Planning the new architecture is key
As well as starting small, it’s vital that companies practice patience by carefully planning out their cloud data warehouse architecture.
Rob Mellor, VP and GM EMEA at WhereScape, said: “Be aware of some of the myths you’ll hear along your research journey. You can’t just throw all your data in the cloud and start analysing it with no design or architecture needed.
“An analytics environment is planned and architected so that all users can understand and use it.
“Neither can you just forklift all your data warehouse into the cloud with no need to redesign it. Your old data warehouse will have grown some barnacles along the way that will need cleaning up.
“But this is a good time to blow the dust off, remove inefficient processes, wasted space from unused assets such as old reports, visualisations and analyses no longer used. This is also a perfect opportunity to automate many processes to make them far more efficient.”
Make use of existing models
A decision to move a data warehouse to the cloud for the first time may not require a complete ‘out with the old, in with the new’ job, and there could be lessons to be learned from existing architectures that need improvement.
This can, among having other benefits, aid companies to address the aforementioned need for sufficient data governance.
“Identify what data assets and sources can be revised, augmented or added, and pursue an incremental migration strategy towards achieving a cohesive cloud data warehouse platform that includes proper governance and oversight.”
Ensure possible evolution
Schwenk went on to state the importance of knowing how to use other kinds of data that are beyond those that are used frequently within the company.
Big data in the cloud, especially the public cloud, could benefit from the incorporation of outside influence.
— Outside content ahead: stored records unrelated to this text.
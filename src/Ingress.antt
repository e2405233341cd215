-- ===== src/Ingress.antt =====
-- api/ingress: the LMTP server.
pub mod Address
pub mod Snapshot
pub mod Data
pub mod Message
pub mod Events
pub mod Server
pub mod Transaction
pub mod Delivery
pub mod Session
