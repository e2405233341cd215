-- ===== src/Text/Trim.antt =====
-- What trimming leaves: no byte of the set at either end, and of the text a contiguous part.
use far_mail.Base.{
  ℕ, ◌+◌, ◌≤◌, ◌≡◌, refl, Bool, true, false, [], ◌∷◌, arith, length, all, Bool-cases, inl, inr,
}
use far_mail.Text.{Bytes, trim_left, trim_right, put_before, trim}

-- The first byte of a text, if any, fails the test.
abbrev pub StartsOut : (ℕ → Bool) → Bytes → Type 0
StartsOut p [] = Unit
StartsOut p (c ∷ s) = p c ≡ false

-- The last byte of a text, if any, fails the test.
abbrev pub EndsOut : (ℕ → Bool) → Bytes → Type 0
EndsOut p [] = Unit
EndsOut p (c ∷ []) = p c ≡ false
EndsOut p (c ∷ d ∷ s) = EndsOut p (d ∷ s)

trim_left-StartsOut : (p : ℕ → Bool) (s : Bytes) → StartsOut p (trim_left p s)
trim_left-StartsOut p [] = tt
trim_left-StartsOut p (c ∷ s) = elim (Bool-cases (p c)) [
  | inl e ↦ rw e (trim_left-StartsOut p s)
  | inr e ↦ rw e e
]

put_before-EndsOut : (p : ℕ → Bool) (c : ℕ) (s : Bytes) → EndsOut p s → EndsOut p (put_before p c s)
put_before-EndsOut p c [] h = elim (Bool-cases (p c)) [ inl e ↦ rw e tt | inr e ↦ rw e e ]
put_before-EndsOut p c (d ∷ s) h = h

pub trim_right-EndsOut : (p : ℕ → Bool) (s : Bytes) → EndsOut p (trim_right p s)
trim_right-EndsOut p [] = tt
trim_right-EndsOut p (c ∷ s) = put_before-EndsOut p c (trim_right p s) (trim_right-EndsOut p s)

put_before-StartsOut :
    (p : ℕ → Bool) (c : ℕ) (s : Bytes) → p c ≡ false → StartsOut p (put_before p c s)
put_before-StartsOut p c [] h = rw h h
put_before-StartsOut p c (d ∷ s) h = h

trim_right-StartsOut : (p : ℕ → Bool) (s : Bytes) → StartsOut p s → StartsOut p (trim_right p s)
trim_right-StartsOut p [] h = tt
trim_right-StartsOut p (c ∷ s) h = put_before-StartsOut p c (trim_right p s) h

pub trim-StartsOut : (p : ℕ → Bool) (s : Bytes) → StartsOut p (trim p s)
unfolding trim
trim-StartsOut p s = trim_right-StartsOut p (trim_left p s) (trim_left-StartsOut p s)

pub trim-EndsOut : (p : ℕ → Bool) (s : Bytes) → EndsOut p (trim p s)
unfolding trim
trim-EndsOut p s = trim_right-EndsOut p (trim_left p s)

-- A property of every byte survives trimming.
all-trim_left : (q p : ℕ → Bool) (s : Bytes) → all q s ≡ true → all q (trim_left p s) ≡ true
all-trim_left q p [] h = refl
all-trim_left q p (c ∷ s) h = ground (arith, all-trim_left q p s)

all-put_before :
    (q p : ℕ → Bool) (c : ℕ) (s : Bytes)
    → q c ≡ true
    → all q s ≡ true
    → all q (put_before p c s) ≡ true
all-put_before q p c [] h k = ground arith
all-put_before q p c (d ∷ s) h k = ground arith

all-trim_right : (q p : ℕ → Bool) (s : Bytes) → all q s ≡ true → all q (trim_right p s) ≡ true
all-trim_right q p [] h = refl
all-trim_right q p (c ∷ s) h =
    ground (arith, all-trim_right q p s, all-put_before q p c (trim_right p s))

pub all-trim : (q p : ℕ → Bool) (s : Bytes) → all q s ≡ true → all q (trim p s) ≡ true
unfolding trim
all-trim q p s h = all-trim_right q p (trim_left p s) (all-trim_left q p s h)

length-trim_left-le : (p : ℕ → Bool) (s : Bytes) → length (trim_left p s) ≤ length s
length-trim_left-le p [] = omega arith
length-trim_left-le p (c ∷ s) = ground (arith, length-trim_left-le p s)

length-put_before-le : (p : ℕ → Bool) (c : ℕ) (s : Bytes) → length (put_before p c s) ≤ length s + 1
length-put_before-le p c [] = ground arith
length-put_before-le p c (d ∷ s) = omega arith

length-trim_right-le : (p : ℕ → Bool) (s : Bytes) → length (trim_right p s) ≤ length s
length-trim_right-le p [] = omega arith
length-trim_right-le p (c ∷ s) =
    omega (arith, length-trim_right-le p s, length-put_before-le p c (trim_right p s))

pub length-trim-le : (p : ℕ → Bool) (s : Bytes) → length (trim p s) ≤ length s
unfolding trim
length-trim-le p s = omega (arith, length-trim_left-le p s, length-trim_right-le p (trim_left p s))

-- A text that has no byte of the set at its ends is left as it is.
trim_left-id : (p : ℕ → Bool) (s : Bytes) → StartsOut p s → trim_left p s ≡ s
trim_left-id p [] h = refl
trim_left-id p (c ∷ s) h = rw h

trim_right-id : (p : ℕ → Bool) (s : Bytes) → EndsOut p s → trim_right p s ≡ s
trim_right-id p [] h = refl
trim_right-id p (c ∷ []) h = rw h
trim_right-id p (c ∷ d ∷ s) h = rw (trim_right-id p (d ∷ s) h)

pub trim-id : (p : ℕ → Bool) (s : Bytes) → StartsOut p s → EndsOut p s → trim p s ≡ s
unfolding trim
trim-id p s h k = rw (trim_left-id p s h) (trim_right-id p s k)

all-StartsOut :
    (p q : ℕ → Bool) (s : Bytes)
    → ((c : ℕ) → q c ≡ true → p c ≡ false)
    → all q s ≡ true
    → StartsOut p s
all-StartsOut p q [] out h = tt
all-StartsOut p q (c ∷ s) out h = out c (ground arith)

all-EndsOut :
    (p q : ℕ → Bool) (s : Bytes)
    → ((c : ℕ) → q c ≡ true → p c ≡ false)
    → all q s ≡ true
    → EndsOut p s
all-EndsOut p q [] out h = tt
all-EndsOut p q (c ∷ []) out h = out c (ground arith)
all-EndsOut p q (c ∷ d ∷ s) out h = all-EndsOut p q (d ∷ s) out (ground arith)

-- So is a text none of whose bytes are in the set.
pub trim-all :
    (p q : ℕ → Bool) (s : Bytes)
    → ((c : ℕ) → q c ≡ true → p c ≡ false)
    → all q s ≡ true
    → trim p s ≡ s
trim-all p q s out h = trim-id p s (all-StartsOut p q s out h) (all-EndsOut p q s out h)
“Investigate how public cloud can support new data workloads or business use cases,” she said. “For example, consider supporting advanced analytics and data science within your cloud data warehouse by using its scale and elasticity to make more data available and accessible for analysis.
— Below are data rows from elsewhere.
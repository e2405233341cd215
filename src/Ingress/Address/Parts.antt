-- ===== src/Ingress/Address/Parts.antt =====
-- What `splitAddress` guarantees of the two parts that it returns.
use far_mail.Base.{
  ℕ, zero, suc, ◌≡◌, ◌≢◌, refl, Bool, true, false, not, [], ◌∷◌, some, arith, take, drop, all,
  Option-cases, inl, inr,
}
use far_mail.Text.{
  Bytes, codes, is_space, is_dot, within, to_lower, trim, trim_space, contains, last_index,
}
use far_mail.Text.Search.{free_of, last_index-LastSplit}
use far_mail.Text.Trim.{StartsOut, EndsOut, trim-StartsOut, trim-EndsOut, all-trim}
use far_mail.Ingress.Address.{is_angle, checked_parts, split_at, split_address}

-- A domain as the snapshot is asked for it.
pub record IsDomainName (domain : Bytes) : Type 0 where
  pub not_empty : domain ≢ []
  pub no_dot_before : StartsOut is_dot domain
  pub no_dot_behind : EndsOut is_dot domain
  pub no_empty_label : contains (codes "..") domain ≡ false
  pub no_at : free_of b'@' domain ≡ true
  pub lower : all (λ c. not (within b'A' b'Z' c)) domain ≡ true

all-drop : (p : ℕ → Bool) (n : ℕ) (s : Bytes) → all p s ≡ true → all p (drop n s) ≡ true
all-drop p zero s h = h
all-drop p (suc n) [] h = refl
all-drop p (suc n) (c ∷ s) h = all-drop p n s (ground arith)

all-to_lower : (s : Bytes) → all (λ c. not (within b'A' b'Z' c)) (to_lower s) ≡ true
all-to_lower [] = refl
all-to_lower (c ∷ s) = ground (arith, all-to_lower s)

checked_parts_sound :
    (l d local domain : Bytes)
    → checked_parts l d ≡ some (local, domain)
    → (local ≡ l) × (domain ≡ d) × (l ≢ []) × (d ≢ []) × (contains (codes "..") d ≡ false)
checked_parts_sound [] d local domain h = absurd (ground arith)
checked_parts_sound (c ∷ l) [] local domain h = absurd (ground arith)
checked_parts_sound (c ∷ l) (b ∷ d) local domain h = ground arith

split_at-IsDomainName :
    (address : Bytes) (at : ℕ) (local domain : Bytes)
    → all (λ c. not (within b'A' b'Z' c)) address ≡ true
    → free_of b'@' (drop (suc at) address) ≡ true
    → split_at address at ≡ some (local, domain)
    → IsDomainName domain
split_at-IsDomainName address at local domain lower free h =
    let rest = drop (suc at) address in
    let name = trim is_dot (trim_space rest) in
    let parts : checked_parts (trim_space (take at address)) name ≡ some (local, domain) =
      ground arith in
    let s = checked_parts_sound (trim_space (take at address)) name local domain parts in
    rw s.1 (record {
      not_empty = s.3;
      no_dot_before = trim-StartsOut is_dot (trim_space rest);
      no_dot_behind = trim-EndsOut is_dot (trim_space rest);
      no_empty_label = s.4;
      no_at = all-trim _ is_dot (trim_space rest) (all-trim _ is_space rest free);
      lower =
          all-trim _ is_dot (trim_space rest)
            (all-trim _ is_space rest (all-drop _ (suc at) address lower));
    })

-- The domain that `splitAddress` returns is not empty, in lower case, holds no `@` and no empty
-- label, and has no dot at either end.
pub split_address-IsDomainName :
    (raw : Bytes) {local domain : Bytes}
    → split_address raw ≡ some (local, domain)
    → IsDomainName domain
unfolding split_address
split_address-IsDomainName raw {local} {domain} h =
    let address = trim is_angle (to_lower (trim_space raw)) in
    elim (Option-cases (last_index b'@' address)) [
      | inl e ↦ absurd (ground arith)
      | inr (at, e) ↦
          split_at-IsDomainName address at local domain
            (all-trim _ is_angle (to_lower (trim_space raw)) (all-to_lower (trim_space raw)))
            (last_index-LastSplit b'@' address e).1 (ground arith)
    ]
“Newer cloud native data sources, such as social media data and data from sensors, can be hugely beneficial in providing a deeper, more insightful understanding of business.”
Consider serverless tech
“Serverless relational databases are a common choice for business intelligence applications and for publishing data for other systems to consume,” he said. “They provide scale, performance and, most of all, SQL-based access to the prepared data.
“Vendor examples include AWS Redshift, Google BigQuery, and Azure SQL Data Warehouse. These work great for moderately-sized and relatively simple data structures.
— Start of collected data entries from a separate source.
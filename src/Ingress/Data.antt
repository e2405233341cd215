-- ===== src/Ingress/Data.antt =====
-- `readData` of api/ingress/server.go. A connection is the list of the lines that `ReadString`
-- returns, each with its line end; where the list ends, the next read fails.
pub mod RoundTrip
use far_mail.Base.{
  ℕ, ◌+◌, Bool, true, [], ◌∷◌, ◌++◌, List, Option, none, some, ltb, ◌==◌, ◌||◌, if◌then◌else◌,
  length, drop,
}
use far_mail.Base.Eq.{bytes_beq}
use far_mail.Text.{Bytes, codes, trim_right, has_prefix}

abbrev pub is_line_end : ℕ → Bool
is_line_end c = c == b'\r' || c == b'\n'

abbrev pub trim_line_end : Bytes → Bytes
trim_line_end = trim_right is_line_end

-- A dot alone on its line ends the message.
abbrev pub is_end : Bytes → Bool
is_end line = bytes_beq (trim_line_end line) (codes ".")

-- Undoes the sender's dot stuffing.
abbrev pub unstuff : Bytes → Bytes
unstuff line = if has_prefix (codes "..") line then drop 1 line else line

pub record Message : Type 0 where
  pub raw : Bytes
  pub oversized : Bool
  pub unread : List Bytes

-- The loop, over what is read so far. A line that does not fit is dropped, and the loop goes on.
pub read_lines : ℕ → List Bytes → Bytes → Bool → Option Message
read_lines max_bytes [] raw oversized = none
read_lines max_bytes (line ∷ lines) raw oversized =
    let piece = unstuff line in
    let too_long = ltb max_bytes (length raw + length piece) in
    let rest =
      read_lines max_bytes lines (if too_long then raw else raw ++ piece)
        (if too_long then true else oversized) in
    if is_end line then some (record { raw = raw; oversized = oversized; unread = lines }) else rest

unfoldable pub read_data : ℕ → List Bytes → Option Message
unfolding read_lines
read_data max_bytes lines = read_lines max_bytes lines [] Bool.false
“For higher performance and complex relational data models, massively parallel processing (MPP) databases store large volumes of data in-memory and can be blazing fast, but often at a steep price.”
Research and seek expertise
Lastly, two tips that should be considered when starting to leverage cloud data warehouse technology for the first time may apply to any new venture in business, or even life for that matter.
“It is important to understand exactly what you are looking for as different platforms have different benefits for types of data, analysis and processing,” said John Lyons, GM, cloud and hosting at Zen Internet. “For example, a company might find that a multi-cloud service is a better fit – don’t assume that because your business has one cloud service from a particular provider that they will also be the best provider for your other cloud needs as well.
“Finally, as well as doing their own research, companies should also engage with experts that have the frameworks and experience in this area. This will help to minimise any risk or challenges in adopting a cloud data warehouse and ensure the company is in the best place to take advantage of the benefits it can bring.”